Amirouche Hammar, 43, tested negative for the flu when he first visited the Avicenne and Jean-Verdier hospital outside of Paris on December 27, to be treated for pneumonia. He was treated by Dr. Yves Cohen, head of the intensive care unit.
In a new study, Cohen and a team of researchers re-tested samples from 24 patients treated in December and January. Hammar's sample tested positive for the coronavirus.
Previously, the first known COVID-19 case in France was reported to be on January 24. China first informed the World Health Organization of a new pneumonia outbreak on December 31.
Cohen told a French TV broadcaster BFM that because Hammar, who had not traveled abroad since August, was tested several times, a false positive was unlikely.
In the medical journal article co-written by Cohen and to be published in the International Journal of Microbial Agents, the authors said: "Based on this result, it appears that the COVID-19 epidemic started [in France] much earlier" than previously believed.
"He could be patient zero, but maybe there were others in other regions," Cohen told BFM TV.
Across the world, health officials have scrambled to locate their respective "patient zero" cases, which become more difficult to find as the disease spreads. Identifying such a patient could provide clues about the emergence and spread of the virus, and potentially inform future preventive measures.
Andrew Brouwer, an assistant research scientist at the University of Michigan, told Business Insider that the information helps epidemiologists "reconstruct the history of the outbreak."
"By the time we detect a severe case, there is already local transmission," Brouwer said.
Experts dispute the accuracy of Hammar's test result
Doctors ran a PCR — or polymerase chain reaction — test on a stored sample from him. Those tests are highly sensitive, Brouwer said, leading him to believe the results are legitimate.
"DNA can be effectively preserved in stored samples, and PCR is highly sensitive, so I have no reason to doubt the result," Brouwer wrote in an email.
But even though Hammar was tested several times, some experts say they may still be false positives.
The sensitivity of PCR could cut the other way, according to Jonathan Ball, professor of molecular virology at the University of Nottingham.
He said it makes it more likely for the test to pick up results from contamination.
"The PCR test is very sensitive, but therein lies a potential weakness — it is possible for contaminating viral genome from the wider lab activities to find its way into the odd tests and give a false-positive result," Ball told Business Insider.

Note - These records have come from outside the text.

-- ===== src/Lcd.antt =====
-- lcd.ml: a driver of an HD44780 display in its 4-bit mode, over the pins and delays of
-- pico_main.c. A function is the list of the calls of the SDK that it makes, in order. An `int`
-- of OCaml is not negative here.
pub mod Bus
pub mod Receives
pub mod Places
mod Tests
use Prim.Native.Nat.{bit_or}
use pico_ocaml.Prelude.{
  ℕ, ◌+◌, ◌*◌, ◌/◌, ◌%◌, Bool, true, false, List, [], ◌∷◌, ◌++◌, ltb, leb, ◌==◌, if◌then◌else◌,
}
use pico_ocaml.Prelude.Value.{val_int, val_bool}
use pico_ocaml.Board.{
  SdkCall, ocaml_gpio_init, ocaml_gpio_set_dir_out, ocaml_gpio_put, ocaml_sleep_us, ocaml_sleep_ms,
}

-- `Lcd.t`
pub record Lcd : Type 0 where
  pub rs : ℕ
  pub en : ℕ
  pub d4 : ℕ
  pub d5 : ℕ
  pub d6 : ℕ
  pub d7 : ℕ
  pub columns : ℕ

abbrev pub Calls : Type 0
Calls = List SdkCall

unfoldable pub gpio_put : ℕ → Bool → Calls
unfolding ocaml_gpio_put
gpio_put pin on = (ocaml_gpio_put (val_int pin) (val_bool on)).1

gpio_init : ℕ → Calls
unfolding ocaml_gpio_init
gpio_init pin = (ocaml_gpio_init (val_int pin)).1

gpio_set_dir_out : ℕ → Calls
unfolding ocaml_gpio_set_dir_out
gpio_set_dir_out pin = (ocaml_gpio_set_dir_out (val_int pin)).1

unfoldable pub sleep_us : ℕ → Calls
unfolding ocaml_sleep_us
sleep_us n = (ocaml_sleep_us (val_int n)).1

unfoldable pub sleep_ms : ℕ → Calls
unfolding ocaml_sleep_ms
sleep_ms n = (ocaml_sleep_ms (val_int n)).1

pub pulse_enable : Lcd → Calls
pulse_enable t =
    gpio_put t.en false
    ++ (sleep_us 1 ++ (gpio_put t.en true ++ (sleep_us 1 ++ (gpio_put t.en false ++ sleep_us 100))))

-- `n land 2 ^ k <> 0`
abbrev pub has_bit : ℕ → (two_to_k : ℕ) → Bool
has_bit n p = (n / p % 2) == 1

pub write_4bits : Lcd → ℕ → Calls
write_4bits t nibble =
    gpio_put t.d7 (has_bit nibble 8)
    ++ (gpio_put t.d6 (has_bit nibble 4)
        ++ (gpio_put t.d5 (has_bit nibble 2)
            ++ (gpio_put t.d4 (has_bit nibble 1) ++ pulse_enable t)))

unfoldable pub write_8bits : Lcd → ℕ → Calls
write_8bits t value = write_4bits t (value / 16) ++ write_4bits t value

unfoldable pub write_command : Lcd → ℕ → Calls
write_command t cmd =
    gpio_put t.rs false ++ (write_8bits t cmd ++ (if leb cmd 3 then sleep_ms 5 else []))

unfoldable pub write_data : Lcd → ℕ → Calls
write_data t d = gpio_put t.rs true ++ write_8bits t d

init_pin : ℕ → Calls
init_pin pin = gpio_init pin ++ (gpio_set_dir_out pin ++ gpio_put pin false)

-- The calls of `init`; `t` is what it returns.
unfoldable init : Lcd → (lines : ℕ) → Calls
unfolding init_pin write_4bits
init t lines =
    init_pin t.rs
    ++ (init_pin t.en
        ++ (init_pin t.d4
            ++ (init_pin t.d5
                ++ (init_pin t.d6
                    ++ (init_pin t.d7
                        ++ (sleep_ms 20
                            ++ (write_4bits t 3
                                ++ (sleep_ms 5
                                    ++ (write_4bits t 3
                                        ++ (sleep_ms 1
                                            ++ (write_4bits t 3
                                                ++ (sleep_ms 1
                                                    ++ (write_4bits t 2
                                                        ++ (sleep_ms 1
                                                            ++ (write_command t
                                                            (if ltb 1 lines then 0x28 else 0x20)
                                                            ++ (write_command t 8
                                                            ++ (write_command t 1
                                                            ++ (sleep_ms 5
                                                            ++ (write_command t 2
                                                            ++ (sleep_ms 5
                                                            ++ (write_command t 6
                                                            ++ write_command t
                                                            12)))))))))))))))))))))

unfoldable clear : Lcd → Calls
clear t = write_command t 1 ++ (sleep_ms 5 ++ (write_command t 2 ++ sleep_ms 5))

-- The address in the display's memory of a column and a row: `col land 0x3f`, and so on.
unfoldable pub address_of : Lcd → (col row : ℕ) → ℕ
address_of t col row =
    let addr = col % 64 in
    let addr' = if has_bit row 1 then addr + 64 else addr in
    if has_bit row 2 then addr' + t.columns else addr'

unfoldable pub move_to : Lcd → (col row : ℕ) → Calls
move_to t col row = write_command t (bit_or 128 (address_of t col row))

-- a string as the list of its bytes
unfoldable pub print_string : Lcd → List ℕ → Calls
print_string t [] = []
print_string t (c ∷ s) = write_data t c ++ print_string t s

"Whilst it is certainly possible that a case of COVID could be exported from China very early in the outbreak, there is nothing in the data describing the spread of the virus in France or indeed cases of COVID-19 being admitted to French hospitals that would indicate an early introduction into France," he wrote in an email.
Though Cohen's paper says researchers took steps to avoid false negative results, it says they weren't able to entirely rule them out "due to the sensitivity of [PCR] and a technique of storage that possibly damage the quality of the samples."
Christian Lindmeier, a spokesperson for the World Health Organization, said at a UN briefing in Geneva Tuesday that countries checking records for cases from late 2019 would give a "new and clearer picture" of the pandemic's timeline, and that a report of an earlier case in France is "not surprising."
"It's also possible there are more early cases to be found," Lindmeier said.